# potential puppy found pedigree question



## loui (Dec 20, 2019)

hello everyone new to the group and to the breed we've decided to get a gsd most of the dogs I have met are extremely smart and loyal so with two babies I think it was time to add one of these beautiful puppies into our home. we plan on doing advanced personal protection we have found a litter but since I am new to the breed I dont really know if the pedigree is "worthy" or "respectable" any help would be greatly appreciated we have narrowed it down to these two puppies from the same litter both males 

pedigreedatabase.com/german_shepherd_dog/breeding.planned?litter=9678&fbclid=IwAR2rLRZ0Zifuves54pVKrEZqcDC0H4ssC7IYRZThB4QN9XyH_QzCb5sEKNI


----------



## tim_s_adams (Aug 9, 2017)

Hi, and welcome to the forum! 

I'm certainly no pedigree expert, by any stretch.

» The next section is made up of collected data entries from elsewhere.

-- ===== src/Article/Handle.antt =====
-- internal/handlers/articleanalysis: Analyze, and the handler of article.analysis. The codec of JSON,
-- the clock and the texts of errors are arguments; the counts of a payload are 64-bit patterns.
-- `none` is a panic.
use calligraphy.Base.{
  ℕ, ◌+◌, ◌-◌, ◌/◌, List, [], ◌∷◌, ◌&&◌, Option, none, some, if◌then◌else◌, slt, i64, ltb, length,
  Result, ok, err,
}
use calligraphy.Job.Errors.{Bytes, Err, plain, wrapped, non_retryable}
use calligraphy.Article.Text.{Runes, Unicode, is_empty, split_paragraphs, split_sentences}
use calligraphy.Article.Words.{tokenize, count_syllables}
use calligraphy.Article.Language.{Language, detect_language}
use calligraphy.Article.Ranking.{Floats, Row}
use calligraphy.Article.Keywords.{Keyword, keyword_text_rank}
use calligraphy.Article.Summary.{summary_text_rank}

pub record Payload : Type 0 where
  pub article_id : Bytes
  pub text : Runes
  pub top_keywords : ℕ
  pub summary_sentences : ℕ

unfoldable pub syllables : Unicode → List Runes → ℕ
syllables u [] = 0
syllables u (w ∷ ws) = count_syllables u w + syllables u ws

-- A knob with its default and its cap.
unfoldable pub capped : ℕ → ℕ → ℕ → ℕ
capped default cap n =
    let set = if slt 0 n then i64 n else default in if slt cap set then cap else set

-- What a range over the votes and a range over the edges of a node visit, in what order.
pub record Orders (fl : Floats) : Type 0 where
  pub languages : List Runes → List Language
  pub edges : Row fl → Row fl

module _ (fl : Floats) (o : Orders fl) (u : Unicode) where
  open fl use {F, of_ℕ, lit, sub, mul, div, add, round1}

  pub record Analysis : Type 0 where
    pub language : Language
    pub words : ℕ
    pub sentences : ℕ
    pub paragraphs : ℕ
    pub reading_time_minutes : ℕ
    pub flesch_reading_ease : F
    pub flesch_kincaid_grade : F
    pub keywords : List (Keyword fl)
    pub summary : List Runes

  abbrev pub reading_ease : F → F → F
  reading_ease wps spw =
      round1 (sub (sub (lit "206.835") (mul (lit "1.015") wps)) (mul (lit "84.6") spw))

  abbrev pub grade : F → F → F
  grade wps spw = round1 (sub (add (mul (lit "0.39") wps) (mul (lit "11.8") spw)) (lit "15.59"))

  abbrev pub analysis_of : Runes → ℕ → List Runes → Analysis
  analysis_of text top_k summary =
      let sentences = split_sentences u text in
      let words = tokenize u text in
      let wps = div (of_ℕ (length words)) (of_ℕ (length sentences)) in
      let spw = div (of_ℕ (syllables u words)) (of_ℕ (length words)) in
      let measured = ltb 0 (length words) && ltb 0 (length sentences) in
      record {
        language = detect_language (o.languages words) words;
        words = length words;
        sentences = length sentences;
        paragraphs = length (split_paragraphs u text);
        reading_time_minutes = (length words + 200 - 1) / 200;
        flesch_reading_ease = if measured then reading_ease wps spw else of_ℕ 0;
        flesch_kincaid_grade = if measured then grade wps spw else of_ℕ 0;
        keywords = keyword_text_rank fl o.edges u words top_k;
        summary = summary;
      }

  unfoldable pub analyze : Runes → ℕ → ℕ → Option Analysis
  unfolding syllables
  analyze text top_k summary_len =
      elim (summary_text_rank fl o.edges u (split_sentences u text) summary_len) [
        | none ↦ none
        | some summary ↦ some (analysis_of text top_k summary)
      ]

  pub record Libraries : Type 0 where
    pub unmarshal : Bytes → Result Err Payload
    pub marshal : Bytes → Analysis → ℕ → Result Err Bytes
    pub bad_payload : Bytes
    pub text_required : Bytes
    pub encoding : Bytes

  abbrev pub sent : Libraries → Analysis → Result Err Bytes → Option Analysis × Result Err Bytes
  sent lib a (ok out) = (some a, ok out)
  sent lib a (err e) = (some a, err (wrapped lib.encoding e))

  abbrev pub encode :
      Libraries → Bytes → ℕ → Option Analysis → Option (Option Analysis × Result Err Bytes)
  encode lib id elapsed none = none
  encode lib id elapsed (some a) = some (sent lib a (lib.marshal id a elapsed))

  abbrev pub unless_done :
      Libraries → ℕ → Payload → Option Err → Option (Option Analysis × Result Err Bytes)
  unless_done lib elapsed p (some e) = some (none, err e)
  unless_done lib elapsed p none =
      encode lib p.article_id elapsed
        (analyze p.text (capped 10 50 p.top_keywords) (capped 3 10 p.summary_sentences))

  abbrev pub after_parse :
      Libraries → Option Err → ℕ → Result Err Payload → Option (Option Analysis × Result Err Bytes)
  after_parse lib ctx_err elapsed (err e) =
      some (none, err (non_retryable (wrapped lib.bad_payload e)))
  after_parse lib ctx_err elapsed (ok p) =
      if is_empty p.text
      then some (none, err (non_retryable (plain lib.text_required)))
      else unless_done lib elapsed p ctx_err

  -- What is encoded, if anything is, and what the handler returns.
  unfoldable pub handle :
      Libraries → Option Err → ℕ → Bytes → Option (Option Analysis × Result Err Bytes)
  unfolding analyze capped
  handle lib ctx_err elapsed payload = after_parse lib ctx_err elapsed (lib.unmarshal payload)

But if you really want an "advanced personal protection" dog, I think you'd want to see some indication of that type of ability in the puppy's recent lineage. Most of these puppies' ancestors are untitled in anything.

Of course, as a first time owner, make sure you KNOW what you're signing up for! Your average GSD is a pretty good deterrent, without any PP training!

But a trained PP dog, like LE dogs, need ongoing training. And it will probably require special insurance, depending on where you're located. 

Go out and find a breeder who has actually produced dogs that have been trained in personal protection, and been successful. Your chances with the litter you posted, IMHO, are not so good...


----------



## Chip Blasiole (May 3, 2013)

Can you make the link live? Any idea who you will use to do PP training? I ask because you sound very green and you need the right dog and a very good trainer, which is not such an easy task.


----------



## CometDog (Aug 22, 2017)

While they may be excellent dogs, there is not enough health information or titling in the pedigree to make an educated guess. I'd pass. There are some fast normal hips and noch zuglassen which normally would not bother me if not for the frequent absence of any hip rating at all noted in a lot of the progeny. I am not a pedigree expert but I do know enough that while I recognize some kennel names back in what will be the pup's 3rd and 4th generation, it looks to me like a mish mash after that. 

I am not sure with the forum's new format, but there should be a section here to ask for breeder recommendations. Post your ideas of what you want to do with a dog, your location (dont rule out shipping) and then go from there.


----------



## CometDog (Aug 22, 2017)

Chip Blasiole said:


> Can you make the link live? Any idea who you will use to do PP training? I ask because you sound very green and you need the right dog and a very good trainer, which is not such an easy task.








Planned litter: Litter b







www.pedigreedatabase.com


----------



## Chip Blasiole (May 3, 2013)

Thanks for the live link. I would not choose from this breeding for a potential PP dog. What are you expectations of an advanced PP dog? Usually, such a dog is not for a novice handler. Realistically, a PP dog essentially buys you time to get a gun.


----------



## loui (Dec 20, 2019)

thanks guys for the replies I’m going to go ahead and pass up on this dog and look for a better proven working and health checked as advised, as suppose to owning a trained dog I have owned before I like to feel safe when I’m not around and my wife n kids go to the store you never know these days, not looking for a guard dog but Pp training


----------



## Steve Strom (Oct 26, 2013)

loui said:


> hello everyone new to the group and to the breed we've decided to get a gsd most of the dogs I have met are extremely smart and loyal so with two babies I think it was time to add one of these beautiful puppies into our home. we plan on doing advanced personal protection we have found a litter but since I am new to the breed I dont really know if the pedigree is "worthy" or "respectable" any help would be greatly appreciated we have narrowed it down to these two puppies from the same litter both males
> 
> pedigreedatabase.com/german_shepherd_dog/breeding.planned?litter=9678&fbclid=IwAR2rLRZ0Zifuves54pVKrEZqcDC0H4ssC7IYRZThB4QN9XyH_QzCb5sEKNI


There's a few well known dogs and some not so well known dogs. Its possible someone could tell you something about Sasha 03 Sniper, but I think what you'd be better off focusing on is the 2 dogs being bred and the people breeding them. Are you sure those dogs are what you want and are you willing to put your trust in the people breeding them?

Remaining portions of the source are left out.